In this case, I think that this looks a bit better and that the values on the x-axis are not too cluttered.

## Changing the histogram orientation

Most of the histograms I have seen have a data range on the x-axis and counts on the y-axis, but of course it is also possible to create a histogram where this is reversed. The aforementioned tweaks are easily done.

```python
# Plotting horizontal histogram with well-readable yticks aligned to bins
plt.figure()
plt.hist(data, bins=bins, orientation='horizontal', edgecolor='k')
plt.xlabel('Counts')
plt.ylabel('Data sample')
plt.show()
```

![Horizontal histogram with well-readable yticks aligned to bins](fig6.png)

Again, some of the ticks on the data-axis have been omitted and we can include those if we want, but this time using `plt.yticks(bins)`.

## How could this be implemented?

It is easy to use the few lines of code presented here, but I also wondered how this could be implemented in Matplotlib. To answer this, it is helpful to know how binning currently works. The `bins` argument of the `hist()` function controls the binning behavior, which can be a string, a set of bin edges, or the desired number of bins. Whatever the user selects is passed on to the NumPy `histogram()` function.

We could introduce an additional keyword (e.g. `'aligned'`) for the `bins` argument that would trigger a call to Matplotlib’s `AutoLocator()` behind the scenes.

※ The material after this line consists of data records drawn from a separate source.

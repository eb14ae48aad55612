-- ===== src/Ledger/Reversal.antt =====
-- Reverse-once, of `planReversal` and the UNIQUE index on `reversal_of` in
-- Api/src/modules/transactions/transactions.service.ts.
use mathlib.Core.Path.{subst}
use vaultchain_fintech_dashb.Prelude.{
  ℕ, Bool, true, false, some, ◌∷◌, ◌≡◌, refl, ap, arith, any, ok, inl, inr, is_ok, Option-cases,
  find, find_fits, ==_iff, ==_refl, after-eq-ok, ◌==◌, rolled_back-eq-ok, any-update_where,
}
use vaultchain_fintech_dashb.Ledger.Store.{
  Db, Transaction, TransactionSnapshot, same_reversal, entries_of, reversal, roll_back,
}
use vaultchain_fintech_dashb.Ledger.Plan.{
  CreateTransactionDto, PostingPlan, plan_reversal, plan_kind, plan_for, first_currency,
}
use vaultchain_fintech_dashb.Ledger.Execute.{Env, new_transaction, has_tx_id}
use vaultchain_fintech_dashb.Ledger.Execute.Outcome.{execute_plan-Executed, set_reversed}
use vaultchain_fintech_dashb.Ledger.Post.{Request, post_by_kind, post_and_complete, in_transaction}
use vaultchain_fintech_dashb.Ledger.Invariant.{IsSound}
use vaultchain_fintech_dashb.Ledger.Invariant.Plans.{plan_for-IsPlanned}
use vaultchain_fintech_dashb.Ledger.Invariant.Rows.{fresh_reversal}
use vaultchain_fintech_dashb.Ledger.Safety.{completion_lem, in_transaction-IsSound}
use vaultchain_fintech_dashb.Ledger.Idempotency.{rolled_back_lem}

abbrev pub Reverses : CreateTransactionDto → ℕ → Type 0
Reverses dto id = (dto.kind ≡ reversal) × (dto.original_transaction_id ≡ some id)

-- A stored reversal of a transaction.
abbrev pub is_reversal_of : ℕ → Transaction → Bool
is_reversal_of id t = same_reversal t.reversal_of (some id)

plan_reversal-of :
    (dto : CreateTransactionDto) (id : ℕ) (db u : Db) (plan : PostingPlan)
    → dto.original_transaction_id ≡ some id
    → plan_reversal dto db ≡ (ok plan, u)
    → plan.reversal_of ≡ some id
unfolding plan_reversal
plan_reversal-of dto id db u plan e h =
    elim (Option-cases (find (λ t. t.id == id) db.transactions)) [
      | inl missing ↦ ground arith
      | inr (t, there) ↦
          let same = (==_iff t.id id).0 (find_fits (λ t. t.id == id) db.transactions there) in
          elim (Option-cases (first_currency (entries_of id db.entries))) [
            | inl none_left ↦ ground arith
            | inr (c, first) ↦ ground arith
          ]
    ]

plan_for-of :
    (dto : CreateTransactionDto) (id : ℕ) (db u : Db) (plan : PostingPlan)
    → Reverses dto id
    → plan_for dto db ≡ (ok plan, u)
    → plan.reversal_of ≡ some id
unfolding plan_for plan_kind plan_reversal
plan_for-of dto id db u plan (kind, original) h =
    plan_reversal-of dto id db u plan original (rw kind at h)

-- A reversal that posts found no other of its original, and leaves one.
pub reversal_posts :
    (env : Env) (req : Request) (id : ℕ) (db t : Db) (snap : TransactionSnapshot)
    → IsSound db
    → Reverses req.dto id
    → post_by_kind env req db ≡ (ok snap, t)
    → (any (is_reversal_of id) db.transactions ≡ false)
      × (any (is_reversal_of id) t.transactions ≡ true)
unfolding post_by_kind
reversal_posts env req id db t snap sound reverses h =
    let (plan, u, planned, executed) = after-eq-ok (plan_for req.dto db) _ h in
    let (same, _, _) = plan_for-IsPlanned req.dto db u plan sound.keyed sound.paired planned in
    let run = execute_plan-Executed env plan req.dto req.key db t snap (rw same at executed) in
    let of = plan_for-of req.dto id db u plan reverses planned in
    let row = new_transaction env plan req.dto req.key run.account run.public_ref in
    let fresh = fresh_reversal row db.transactions run.fresh in
    let kept =
      any-update_where (is_reversal_of id) (has_tx_id plan.mark_reversed_tx_id) set_reversed
        (row ∷ db.transactions) (λ t. refl) in
    (rw of at fresh, rw (run.transactions, kept, of, ==_refl id) refl)

-- A transaction is reversed once: on the tables that the committed transaction of a reversal left,
-- in a sound ledger, that of no other reversal of the same original commits, with whatever key: it
-- throws, and every table is rolled back.
pub reverse_once :
    (env env' : Env) (req again : Request) (id : ℕ) (db t : Db) (snap : TransactionSnapshot)
    → IsSound db
    → Reverses req.dto id
    → Reverses again.dto id
    → in_transaction env req db ≡ (ok snap, t)
    → (is_ok (in_transaction env' again t).0 ≡ false)
      × ((in_transaction env' again t).1 ≡ roll_back t (post_and_complete env' again t).1)
unfolding in_transaction post_and_complete
reverse_once env env' req again id db t snap sound first second h =
    let (s, u, posted, rest) =
      after-eq-ok (post_by_kind env req db) _
        (rolled_back-eq-ok roll_back db (post_and_complete env req db) h) in
    let (_, stored) = reversal_posts env req id db u s sound first posted in
    let (done, _) = completion_lem req s u t snap rest in
    let (kept, _) = in_transaction-IsSound env req db sound in
    let sound_after : IsSound t = subst (λ r. IsSound r.1) h kept in
    rolled_back_lem t (post_and_complete env' again t) λ v snap' commits.
      let (s', w, posts, _) = after-eq-ok (post_by_kind env' again t) _ commits in
      let (clear, _) = reversal_posts env' again id t w s' sound_after second posts in
      cc (rw (ap (λ d. d.transactions) done) at clear, stored)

This could be done e.g. by adding the following lines in the [`_axes.py` file](https://github.com/matplotlib/matplotlib/blob/main/lib/matplotlib/axes/_axes.py) (before the call to NumPy’s `histogram()` function!)

```python
if bins == 'aligned':
locator = mticker.AutoLocator()
bins = locator.tick_values(np.nanmin(x), np.nanmax(x))
```

Having this keyword to simply align the bins and ticks at well-readable values would simplify things for users, avoiding the need to import `AutoLocator()` that is probably unfamiliar to many Matplotlib users. Setting this as the default behavior (and the black edge color) would be a next step :).

## In conclusion

Histograms may not be the most exciting plots, but are nevertheless very useful. Also my proposed changes are perhaps a bit ‘boring’, but I believe that having good basic plotting can help us save time, which we then can use for more exciting visualizations :).

During my PhD research I have been using various Python libraries, including Matplotlib for all my visualizations. I continue using Python in my research and have also integrated it in many of the courses that I am now teaching. I have greatly benefited from this open source software and hope to contribute a little bit to future improvements of Matplotlib.